Dataset: 6,497 wines from UCI Wine Quality
| Model | QWK | Approach |
|---|---|---|
| Regression + OptimizedRounder | 0.55 | Two-stage (Kaggle 1st place) |
| JAXBoost Squared CDF | 0.54 | Single-stage, probabilistic |
| JAXBoost Ordinal NLL | 0.53 | Single-stage, probabilistic |
| Native Multi-class | 0.51 | Ignores ordinal structure |
| Native Regression + Round | 0.48 | Ignores ordinal structure |
Key Insight¶
The Kaggle-winning "OptimizedRounder" strategy directly optimizes QWK via threshold search (two-stage). JAXBoost ordinal objectives optimize differentiable surrogates in a single stage and provide proper probabilistic outputs.

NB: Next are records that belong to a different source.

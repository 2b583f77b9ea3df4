-- ===== src/Slave/Getwork/Counts.antt =====
-- The counts per IP that cmd/slave/getwork.go keeps, next to those of other servers.
use xelis_pool.Common.{
  ℕ, ◌+◌, ◌-◌, ◌%◌, ◌^◌, ◌≤◌, ◌≡◌, refl, ap, Bool, Option, none, some, List, [], ◌∷◌, arith,
  Option-cases, inl, inr, true,
}
use xelis_pool.Common.Options.{◌>>=◌}
use xelis_pool.Common.Bytes.{Bytes, =?_iff}
use xelis_pool.Common.Assoc.{lookup_or-insert}
use xelis_pool.RateLimit.{Conns, Limiter, conns_of, can_connect, disconnect}
use xelis_pool.RateLimit.Connections.{IsBounded, can_connect-IsBounded, disconnect-IsBounded}
use xelis_pool.Slave.Packet.{Decoder, MemJob, JobToSend}
use xelis_pool.Slave.Sweep.{counted, sweep, listed, listed-append}
use xelis_pool.Slave.Getwork.{
  GetworkConn, miner_work, miner_blob, join, send_getwork, start, send_all, send_getwork_jobs,
  resend, answered, on_blob, ws_message,
}
use xelis_pool.Slave.Getwork
use xelis_pool.Master.Float.{Float}

module _ (float : Float) where
  open float use {F}

  abbrev pub gw_listed : Bytes → List (GetworkConn float) → ℕ
  gw_listed = listed (Getwork.ip_of float) (Getwork.is_alive float)

  module _ (others : Bytes → ℕ) where
    pub join-covered :
        (is_valid : Bytes → Bool) (min_difficulty now now_ms : ℕ) (ip addr : Bytes) (l : Limiter)
        (s : Getwork.Served float) (j : Bytes)
        → others j + gw_listed j s.conns ≤ conns_of j s.open_conns
        → let t = (join float is_valid min_difficulty now now_ms ip addr l s).0.1 in
          others j + gw_listed j t.conns ≤ conns_of j t.open_conns
    unfolding join can_connect listed
    join-covered is_valid min_difficulty now now_ms ip addr l s j h = ground (
      arith,
      =?_iff ip j,
      cong,
      listed-append (Getwork.ip_of float) (Getwork.is_alive float) j s.conns (
          Getwork.new_conn float now_ms ip (Getwork.parse_path min_difficulty addr).0
            (Getwork.parse_path min_difficulty addr).1
          ∷ []),
      lookup_or-insert 0 ip j ((conns_of ip s.open_conns + 1) % 2 ^ 32) s.open_conns,
    )
      where
        cong : ip ≡ j → conns_of ip s.open_conns ≡ conns_of j s.open_conns
        cong p = ap (λ k. conns_of k s.open_conns) p

    pub join-IsBounded :
        (is_valid : Bytes → Bool) (min_difficulty now now_ms : ℕ) (ip addr : Bytes) (l : Limiter)
        (s : Getwork.Served float)
        → IsBounded s.open_conns
        → IsBounded (join float is_valid min_difficulty now now_ms ip addr l s).0.1.open_conns
    unfolding join
    join-IsBounded is_valid min_difficulty now now_ms ip addr l s h j =
        ground (arith, h j, can_connect-IsBounded ip s.open_conns h j)

  sweep-IsBounded :
      (cs : List (GetworkConn float)) (m : Conns)
      → IsBounded m
      → IsBounded (sweep (Getwork.ip_of float) (Getwork.is_alive float) cs m).1
  unfolding sweep
  sweep-IsBounded [] m h j = h j
  sweep-IsBounded (c ∷ cs) m h j = ground (
    arith,
    sweep-IsBounded cs m h j,
    sweep-IsBounded cs (disconnect c.ip m) (disconnect-IsBounded c.ip m h) j,
  )

  module _ (min_difficulty : ℕ) (pool_nonce : Bytes) where
    send_getwork_ip :
        (seconds : F) (random : Bytes) (diff : ℕ) (blob algorithm : Bytes) (c : GetworkConn float)
        → (send_getwork float min_difficulty pool_nonce seconds random diff blob algorithm c).0.ip
          ≡ c.ip
    unfolding send_getwork
    send_getwork_ip seconds random diff blob algorithm c = ground arith

    pub start_ip :
        (seconds : F) (random : Bytes) (upgraded : Bool) (last : MemJob) (l : Limiter)
        (c : GetworkConn float)
        → (start float min_difficulty pool_nonce seconds random upgraded last l c).conn.ip ≡ c.ip
    unfolding start
    start_ip seconds random upgraded last l c = ground (
      arith,
      send_getwork_ip seconds random last.diff last.blob last.algorithm
          (record c { connected = true }),
    )

    listed-send_all :
        (seconds : F) (random : ℕ → Bytes) (written : ℕ → Bool) (diff : ℕ)
        (blob algorithm ip : Bytes) (n : ℕ) (cs : List (GetworkConn float))
        → gw_listed ip (
            send_all float min_difficulty pool_nonce seconds random written diff blob algorithm n
              cs)
          ≡ gw_listed ip cs
    unfolding send_all listed
    listed-send_all seconds random written diff blob algorithm ip n [] = refl
    listed-send_all seconds random written diff blob algorithm ip n (c ∷ cs) = ground (
      arith,
      send_getwork_ip seconds (random n) diff blob algorithm c,
      listed-send_all seconds random written diff blob algorithm ip (n + 1) cs,
    )

    module _ (seconds : F) (random : ℕ → Bytes) (written : ℕ → Bool) (diff : ℕ)
        (blob algorithm : Bytes) (s : Getwork.Served float) where
      abbrev sent : Getwork.Served float
      sent =
          send_getwork_jobs float min_difficulty pool_nonce seconds random written diff blob
            algorithm s

      pub send_getwork_jobs-covered :
          (others : Bytes → ℕ) (ip : Bytes)
          → others ip + gw_listed ip s.conns ≤ conns_of ip s.open_conns
          → others ip + gw_listed ip sent.conns ≤ conns_of ip sent.open_conns
      unfolding send_getwork_jobs
      send_getwork_jobs-covered others ip h =
          let (cs, m) = sweep (Getwork.ip_of float) (Getwork.is_alive float) s.conns s.open_conns in
          omega (
            arith,
            h,
            listed-send_all seconds random written diff blob algorithm ip 0 cs,
            counted (Getwork.ip_of float) (Getwork.is_alive float) ip
                (conns_of ip s.open_conns - gw_listed ip s.conns) s.conns s.open_conns
                (omega (arith, h)),
          )

      pub send_getwork_jobs-IsBounded : IsBounded s.open_conns → IsBounded sent.open_conns
      unfolding send_getwork_jobs
      send_getwork_jobs-IsBounded h = sweep-IsBounded s.conns s.open_conns h

    module _ (json : Getwork.Json) (decoder : Decoder) (is_valid : Bytes → Bool) (last : MemJob)
        (first_algorithm : Bytes) (now now_ms : ℕ) (late : JobToSend) where
      on_blob_ip :
          (seconds : F) (random : Bytes) (received : ℕ) (written : Bool) (bm : Bytes) (l : Limiter)
          (c : GetworkConn float)
          → (on_blob float min_difficulty pool_nonce json decoder is_valid last first_algorithm now
              now_ms late seconds random received written bm l c).conn.ip
            ≡ c.ip
      unfolding on_blob answered resend send_getwork
      on_blob_ip seconds random received written bm l c = ground arith

      pub ws_message_ip :
          (seconds : F) (random : Bytes) (received : ℕ) (read : Option Bytes) (written : Bool)
          (l : Limiter) (c : GetworkConn float)
          → (ws_message float min_difficulty pool_nonce json decoder is_valid last first_algorithm
              now now_ms late seconds random received read written l c).conn.ip
            ≡ c.ip
      unfolding ws_message
      ws_message_ip seconds random received none written l c = refl
      ws_message_ip seconds random received (some message) written l c =
          elim (Option-cases (miner_work (json.fields message))) [
            | inl broken ↦ rw (broken, ws_message) refl
            | inr (w, parsed) ↦ elim (Option-cases (w >>= miner_blob)) [
              | inl nothing ↦ rw (parsed, ws_message) (rw nothing refl)
              | inr (bm, found) ↦
                  rw (parsed, ws_message)
                    (rw found (on_blob_ip seconds random received written bm l c))
            ]
          ]
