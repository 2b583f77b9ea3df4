-- ===== src/Slave/Jobs/Blobs.antt =====
-- The blocks of jobs and of the shares made from them: their ids and what they agree on.
use xelis_pool.Common.{
  zero, ℕ, suc, ◌+◌, ◌≤◌, ◌≡◌, ◌∙◌, refl, sym, ap, inl, inr, List, [], ◌∷◌, length, drop, take,
  drop-drop, arith, Bool-cases, replicate,
}
use xelis_pool.Common.Bytes.{Bytes, IsU64, be_bytes, length-be_bytes, ◌=?◌}
use xelis_pool.Pow.BlockMiner.{
  set_from, set_timestamp, set_nonce, set_extra_nonce, set_pool_nonce, get_extra_nonce,
  get_workhash, get_timestamp, get_publickey, get_job_id, get_pool_nonce,
}
use xelis_pool.Pow.BlockMiner.Slices.{slice-set_from_ne, slice-set_from_self, length-set_from}
use xelis_pool.Pow.BlockMiner.Fields.{
  IsBlock, set_timestamp_fields, set_nonce_fields, set_extra_nonce_fields, set_job_id_fields,
  set_pool_nonce_fields,
}
use xelis_pool.Slave.Submit.{blank_id, own_id}
use xelis_pool.Slave.Jobs.{gen_extra_nonce, stratum_blob}

-- What a share must agree with a job on.
pub record SameJob (bm jb : Bytes) : Type 0 where
  pub block : IsBlock bm
  pub workhash : get_workhash bm ≡ get_workhash jb
  pub publickey : get_publickey bm ≡ get_publickey jb

module _ (b : Bytes) (h : IsBlock b) where
  pub set_timestamp_ids :
      (t : ℕ)
      → (get_job_id (set_timestamp t b) ≡ get_job_id b)
        × (get_pool_nonce (set_timestamp t b) ≡ get_pool_nonce b)
  unfolding set_timestamp get_job_id get_pool_nonce
  set_timestamp_ids t =
      let n8 = length-be_bytes 8 t in
      (
        slice-set_from_ne 48 16 32 (be_bytes 8 t) b (inl (omega (arith, n8))),
        slice-set_from_ne 64 8 32 (be_bytes 8 t) b (inl (omega (arith, n8))),
      )

  pub set_nonce_ids :
      (n : ℕ)
      → (get_job_id (set_nonce n b) ≡ get_job_id b)
        × (get_pool_nonce (set_nonce n b) ≡ get_pool_nonce b)
  unfolding set_nonce get_job_id get_pool_nonce
  set_nonce_ids n =
      let n8 = length-be_bytes 8 n in
      (
        slice-set_from_ne 48 16 40 (be_bytes 8 n) b (inl (omega (arith, n8))),
        slice-set_from_ne 64 8 40 (be_bytes 8 n) b (inl (omega (arith, n8))),
      )

-- A miner fills in a timestamp and a nonce.
abbrev pub mined : ℕ → ℕ → Bytes → Bytes
mined t n b = set_nonce n (set_timestamp t b)

pub mined_fields :
    (t n : ℕ) (b : Bytes)
    → IsBlock b
    → IsU64 t
    → IsU64 n
    → SameJob (mined t n b) b
      × (get_timestamp (mined t n b) ≡ t)
      × (get_job_id (mined t n b) ≡ get_job_id b)
      × (get_pool_nonce (mined t n b) ≡ get_pool_nonce b)
mined_fields t n b h ht hn =
    let c = set_timestamp t b in
    let (f0, f1, f2, f3, f4, f5) = set_timestamp_fields b t ht h in
    let (g0, g1, g2, g3, g4, g5) = set_nonce_fields c n hn f0 in
    let (i1, i2) = set_timestamp_ids b h t in
    let (k1, k2) = set_nonce_ids c f0 n in
    (record { block = g0; workhash = g2 ∙ f2; publickey = g5 ∙ f5 }, g3 ∙ f1, k1 ∙ i1, k2 ∙ i2)

-- The id of the miner in place of the job's leaves what is checked.
pub own_fields :
    (miner_id bm jb : Bytes)
    → length miner_id ≡ 16
    → SameJob bm jb
    → SameJob (own_id miner_id bm) jb × (get_timestamp (own_id miner_id bm) ≡ get_timestamp bm)
unfolding own_id
own_fields miner_id bm jb size h = elim (Bool-cases (miner_id =? blank_id)) [
  | inl blank ↦ rw blank (h, refl)
  | inr own ↦
      let (f0, f1, f2, f3, f4, f5, f6) = set_job_id_fields bm miner_id size h.block in
      rw own (record { block = f0; workhash = f3 ∙ h.workhash; publickey = f6 ∙ h.publickey }, f4)
]

-- A slice of a prefix is the slice, where the prefix reaches.
take-drop-take {ℓ} :
    {A : Type ℓ} (n lo m : ℕ) (xs : List A)
    → lo + n ≤ m
    → take n (drop lo (take m xs)) ≡ take n (drop lo xs)
take-drop-take zero lo m xs h = refl
take-drop-take (suc n) lo zero xs h = absurd (omega arith)
take-drop-take (suc n) zero (suc m) [] h = refl
take-drop-take (suc n) (suc lo) (suc m) [] h = refl
take-drop-take (suc n) zero (suc m) (x ∷ xs) h =
    ap (λ l. x ∷ l) (take-drop-take n zero m xs (omega arith))
take-drop-take (suc n) (suc lo) (suc m) (x ∷ xs) h = take-drop-take (suc n) lo m xs (omega arith)

-- The ids in an extra nonce.
ids_of_extra_nonce :
    (b xn : Bytes)
    → get_extra_nonce b ≡ xn
    → (get_job_id b ≡ take 16 xn) × (get_pool_nonce b ≡ take 8 (drop 16 xn))
unfolding get_extra_nonce get_job_id get_pool_nonce
ids_of_extra_nonce b xn e = (
  sym (take-drop-take 16 0 32 (drop 48 b) (omega arith)) ∙ ap (take 16) e,
  ap (take 8) (drop-drop 16 48 b)
      ∙ sym (take-drop-take 8 16 32 (drop 48 b) (omega arith))
      ∙ ap (λ l. take 8 (drop 16 l)) e,
)

module _ (random pool_nonce : Bytes) (hr : length random ≡ 16) (hp : length pool_nonce ≡ 8) where
  gen_extra_nonce_ids :
      (length (gen_extra_nonce random pool_nonce) ≡ 32)
      × (take 16 (gen_extra_nonce random pool_nonce) ≡ random)
      × (take 8 (drop 16 (gen_extra_nonce random pool_nonce)) ≡ pool_nonce)
  unfolding gen_extra_nonce
  gen_extra_nonce_ids =
      let inner : Bytes = set_from 0 random (replicate 32 0) in
      let size : length inner ≡ 32 = length-set_from 0 random (replicate 32 0) in
      (
        length-set_from 16 pool_nonce inner ∙ size,
        slice-set_from_ne 0 16 16 pool_nonce inner (inr (omega arith))
            ∙ slice-set_from_self 0 16 random (replicate 32 0) hr (omega arith),
        slice-set_from_self 16 8 pool_nonce inner hp (omega (arith, size)),
      )

  module _ (blob : Bytes) (hb : IsBlock blob) where
    -- The block of a Xatum or getwork job.
    pub xatum_blob_fields :
        (jb : Bytes)
        → jb ≡ set_extra_nonce (gen_extra_nonce random pool_nonce) blob
        → IsBlock jb
          × (get_job_id jb ≡ random)
          × (get_pool_nonce jb ≡ pool_nonce)
          × (get_timestamp jb ≡ get_timestamp blob)
    xatum_blob_fields jb e =
        let (size, id, pool) = gen_extra_nonce_ids in
        let (f0, f1, f2, f3, f4, f5) =
          set_extra_nonce_fields blob (gen_extra_nonce random pool_nonce) size hb in
        let (g1, g2) =
          ids_of_extra_nonce (set_extra_nonce (gen_extra_nonce random pool_nonce) blob)
            (gen_extra_nonce random pool_nonce) f1 in
        rw e (f0, g1 ∙ id, g2 ∙ pool, f3)

    -- The block of a Stratum job, or of a share.
    pub stratum_blob_fields :
        let b = stratum_blob pool_nonce random blob in
        SameJob b blob
        × (get_job_id b ≡ random)
        × (get_pool_nonce b ≡ pool_nonce)
        × (get_timestamp b ≡ get_timestamp blob)
    unfolding stratum_blob
    stratum_blob_fields =
        let b1 = set_extra_nonce (replicate 32 0) blob in
        let (f0, f1, f2, f3, f4, f5) = set_extra_nonce_fields blob (replicate 32 0) refl hb in
        let (g0, g1, g2, g3, g4, g5, g6) = set_pool_nonce_fields b1 pool_nonce hp f0 in
        let (k0, k1, k2, k3, k4, k5, k6) =
          set_job_id_fields (set_pool_nonce pool_nonce b1) random hr g0 in
        (
          record { block = k0; workhash = k3 ∙ g3 ∙ f2; publickey = k6 ∙ g6 ∙ f5 },
          k1,
          k2 ∙ g1,
          k4 ∙ g4 ∙ f3,
        )

  -- A share that is built from the job that was sent agrees with it.
  pub stratum_share_fields :
      (n : ℕ) (blob : Bytes)
      → IsBlock blob
      → IsU64 n
      → let jb = stratum_blob pool_nonce random blob in
        let bm = stratum_blob pool_nonce random (set_nonce n jb) in
        SameJob bm jb
        × (get_job_id bm ≡ random)
        × (get_pool_nonce bm ≡ pool_nonce)
        × (get_job_id jb ≡ random)
        × (get_timestamp bm ≡ get_timestamp blob)
        × (get_timestamp jb ≡ get_timestamp blob)
  stratum_share_fields n blob hb hn =
      let (same, id, pool, time) = stratum_blob_fields blob hb in
      let jb = stratum_blob pool_nonce random blob in
      let (g0, g1, g2, g3, g4, g5) = set_nonce_fields jb n hn same.block in
      let (same', id', pool', time') = stratum_blob_fields (set_nonce n jb) g0 in
      (
        record {
          block = same'.block;
          workhash = same'.workhash ∙ g2;
          publickey = same'.publickey ∙ g5;
        },
        id',
        pool',
        id,
        time' ∙ g3 ∙ time,
        time,
      )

| Approach | Pros | Cons |
|---|---|---|
| OptimizedRounder | Directly optimizes QWK | Two-stage, no probabilities |
| JAXBoost Ordinal | Single-stage, probabilistic | Optimizes surrogate |
JAXBoost Implementation¶
from jaxboost.objective import ordinal_logit, qwk_ordinal, squared_cdf_ordinal
# Cumulative Link Model (standard ordinal regression)
obj = ordinal_logit(n_classes=6)
# QWK-aligned surrogate (Expected Quadratic Error)
obj = qwk_ordinal(n_classes=6)
# CRPS-based (Squared CDF)
obj = squared_cdf_ordinal(n_classes=6)
# Train
obj.init_thresholds_from_data(y_train)
model = xgb.train(params, dtrain, obj=obj.xgb_objective)
y_pred = obj.predict(model.predict(dtest))
Run the benchmark:
3. Multi-Task Learning with Missing Labels¶
Problem: Predict multiple related targets simultaneously, but some labels are missing for some samples.
Why Custom Loss? XGBoost's multi_strategy=multi_output_tree and LightGBM's multi-output cannot handle missing labels. Filling with 0 biases the model.
JAXBoost Implementation¶
from jaxboost.objective import MaskedMultiTaskObjective, multi_task_regression
# Create objective with masking support
obj = MaskedMultiTaskObjective(
loss_fn=multi_task_regression,
n_tasks=3
)
# Create mask (1 = valid, 0 = missing)
mask = ~np.isnan(y_train)
# Train with mask
model = xgb.train(
params,
dtrain,
obj=obj.get_xgb_objective(mask=mask)
)
Use Cases¶
- Drug discovery: Predicting multiple ADMET properties where not all assays are run for all compounds
- Multi-label classification: Some labels unknown for some samples
- Sensor data: Missing readings from some sensors
When to Use Custom Losses¶
Clear Wins (No native support)¶
| Problem | JAXBoost Solution |
|---|---|
| Bounded regression [0,1] | soft_crossentropy, logit_mse |
| Ordinal regression | ordinal_logit, qwk_ordinal, squared_cdf_ordinal |
| Multi-task with missing labels | MaskedMultiTaskObjective |
| Custom business metrics | @auto_objective decorator |
Case-by-Case (May not beat tuned defaults)¶
| Problem | Notes |
|---|---|
| Imbalanced classification | Focal loss vs scale_pos_weight - depends on dataset |
| Robust regression | Huber vs reg:pseudohubererror - similar performance |
| Quantile regression | Similar to native quantile |
Reproducing Results¶
All benchmarks can be reproduced:
# Install JAXBoost
pip install jaxboost
# Clone repo for examples
git clone https://github.com/yourrepo/jaxboost
cd jaxboost
# Run benchmarks
JAX_PLATFORMS=cpu python examples/beta_regression_health.py --synthetic
JAX_PLATFORMS=cpu python examples/ordinal_wine_quality.py
Note: Use JAX_PLATFORMS=cpu on macOS to avoid Metal GPU issues with JAX.
Summary¶
JAXBoost's value proposition:
-
Unique capabilities: Bounded regression, ordinal regression, masked multi-task - problems where XGBoost/LightGBM have no native solution
-
Rapid experimentation: Write a loss function in 5 lines, get gradients and Hessians automatically
-
Research tool: Test novel objective functions without manual calculus
Custom objectives won't always beat highly-tuned defaults. The value is enabling solutions to problems that XGBoost/LightGBM cannot solve natively, and rapid iteration when exploring new ideas.